Le label privilégie les circuits courts (diffusion en direct, partenariat avec les disquaires indépendants, collaborations avec Bandcamp). C’est un pied de nez à l’industrie, mais aussi un acte militant. Lors de la pandémie de 2020, International Anthem reverse une large part de ses recettes numériques aux artistes (source : The New York Times). Leurs disques s’échangent sur Discogs à des tarifs qui grimpent souvent très haut, témoignage de cette rareté soignée.

Leur audience ? Ultra-connectée, jeune (près de 40 % de moins de 35 ans selon Bandcamp), avide de découvertes, fidèle aux réseaux sociaux. Mais surtout, prête à tendre l’oreille à des musiques qui abolissent les catégories.

Loué par la presse (The Wire, NPR, Les Inrockuptibles, Downbeat), International Anthem reçoit un accueil rare pour un label aussi jeune. Plusieurs albums sont cités comme références dans les listes « Best Jazz of the Decade » de Pitchfork, NPR et The Guardian. De 2018 à 2023, au moins trois albums du label figurent chaque année dans les classements finaux du Jazz Journalists Association Awards.

  • Universal Beings de Makaya McCraven : nommé aux Jazz FM Awards, disque d’or sur Bandcamp.
  • Who Sent You? d’Irreversible Entanglements : « Album le plus subversif de 2020 » d’après Jazzwise Magazine.
  • Les concerts itinérants « International Anthem Nights » attirent des foules à Londres, Berlin, Tokyo. Plusieurs éditions affichent complet en moins de 24 heures (source : Resident Advisor).
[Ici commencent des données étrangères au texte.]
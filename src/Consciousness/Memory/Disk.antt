-- ===== src/Consciousness/Memory/Disk.antt =====
-- What consciousness/memory/aion_memory.c writes to the drive: paths, records and index entries; and
-- the file operations that it calls.
use aion_os.Prelude.{
  ℕ, zero, suc, ◌+◌, ◌*◌, ◌/◌, ◌%◌, Bool, Option, none, some, [], ◌∷◌, ◌++◌, ◌==◌, if◌then◌else◌,
  length, take, drop,
}
use aion_os.Consciousness.Text.{Text, codes, split_at}

-- The operations of a drive, with no law about them. Those of kernel/fs/fs.c are `fs_files` of
-- Kernel/Drivers/Devices: its reads and writes fail. A read returns the bytes that it put into the buffer,
-- at most as many as the second argument, or `none` for a negative result.
pub record Files (W : Type 0) : Type 0 where
  pub fs_read_file : Text → ℕ → W → Option Text
  pub fs_write_file_usb : Text → Text → W → W
  pub fs_file_exists : Text → W → Bool
  pub fs_mkdir_usb : Text → W → W

abbrev pub mem_episodic : ℕ
mem_episodic = 0

abbrev pub mem_self : ℕ
mem_self = 2

abbrev pub mem_magic : ℕ
mem_magic = 0x414d_454d

abbrev pub max_content_len : ℕ
max_content_len = 4096

-- `sizeof(MemoryRecord)` of the packed structure: 4 + 1 + 1 + 2 + 8 + 8 + 4.
abbrev pub record_size : ℕ
record_size = 28

-- The bytes of `index_buf`.
abbrev pub index_size : ℕ
index_size = 1024 * 1024

abbrev pub index_path : Text
index_path = codes "/AION/memory/index.bin"

-- `MemEntry`, without `timestamp_ms`, which nothing reads. `content_len` is the length of `content`.
pub record MemEntry : Type 0 where
  pub type : ℕ
  pub importance : ℕ
  pub tick : ℕ
  pub content : Text
  pub dirty : Bool

unfoldable pub mem_type_dir : ℕ → Text
mem_type_dir type =
    if type == mem_episodic
    then codes "/AION/memory/episodic/"
    else if type == mem_self
    then codes "/AION/memory/self/"
    else codes "/AION/memory/semantic/"

-- The digits that `%llu` prints, at most `fuel` of them.
unfoldable pub to_decimal : ℕ → ℕ → Text
to_decimal zero n = []
to_decimal (suc fuel) n =
    let high = to_decimal fuel (n / 10) in
    (if n / 10 == 0 then [] else high) ++ ((n % 10 + b'0') ∷ [])

-- A `uint64_t` has at most 20 digits. The path has at most 46 bytes, so that `snprintf` cuts nothing.
unfoldable pub path_of : ℕ → ℕ → Text
path_of type i = mem_type_dir type ++ (to_decimal 20 i ++ codes ".mem")

-- The `n` bytes of a number in memory, lowest first.
unfoldable pub le : ℕ → ℕ → Text
le zero x = []
le (suc n) x = x % 256 ∷ le n (x / 256)

unfoldable pub of_le : Text → ℕ
of_le [] = 0
of_le (b ∷ s) = b + 256 * of_le s

-- `len` bytes at offset `off`.
abbrev pub field : ℕ → ℕ → Text → Text
field off len buf = take len (drop off buf)

-- The text that a C string in these bytes ends with its first zero.
abbrev pub c_str : Text → Text
c_str s = elim (split_at 0 s) [ none ↦ s | some (before, _) ↦ before ]

-- The record file: `magic`, `type`, `importance`, `flags`, `tick`, `timestamp_ms`, `content_len` and
-- the content. Nothing writes the time stamp of the static `rec_buf`, which stays 0.
unfoldable pub record_bytes : MemEntry → Text
record_bytes e =
    le 4 mem_magic
    ++ (le 1 e.type
        ++ (le 1 e.importance
            ++ (le 2 0 ++ (le 8 e.tick ++ (le 8 0 ++ (le 4 (length e.content) ++ e.content))))))

-- An index entry: 255 bytes of the array `path`, which held `old` before the path was printed into
-- it, and the importance.
unfoldable pub path_field : Text → Text → ℕ → Text
path_field old path importance =
    take 255 (path ++ (0 ∷ drop (length path + 1) old)) ++ (importance ∷ [])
Le succès du label commence à inspirer bien au-delà du jazz. Côté rap expérimental, des artistes comme Slauson Malone ou Alfa Mist citent régulièrement International Anthem comme influence. Même la pop de Sufjan Stevens a croisé la route du label via son album avec Timo Andres.

International Anthem, ce n’est pas qu’une histoire de tubes ni même de « troisième voie » entre jazz-mainstream et avant-garde savante. C’est un art de la fraternité, un bouillonnement de possibles. Un laboratoire où naissent des alliances, des accidents heureux, des voix dont on n’avait même pas rêvé la rencontre.

Le plus impressionnant ? Ce n’est que le début. Dans un monde saturé de copies, International Anthem continue de cultiver l’inouï, d’ouvrir des brèches, d’inviter chacun à questionner son écoute. En filigrane, la conviction que le jazz n’est pas un genre figé, mais un territoire en expansion perpétuelle. À travers chaque disque, c’est la promesse d’une nouvelle alliance, d’une nouvelle narration, d’un nouvel horizon.

À qui s’adresse International Anthem ? À tous ceux qui croient que la musique peut encore inventer des mondes. À celles et ceux qui aiment le souffle, la surprise, la déflagration. Bref, à tous les amoureux de l’inattendu.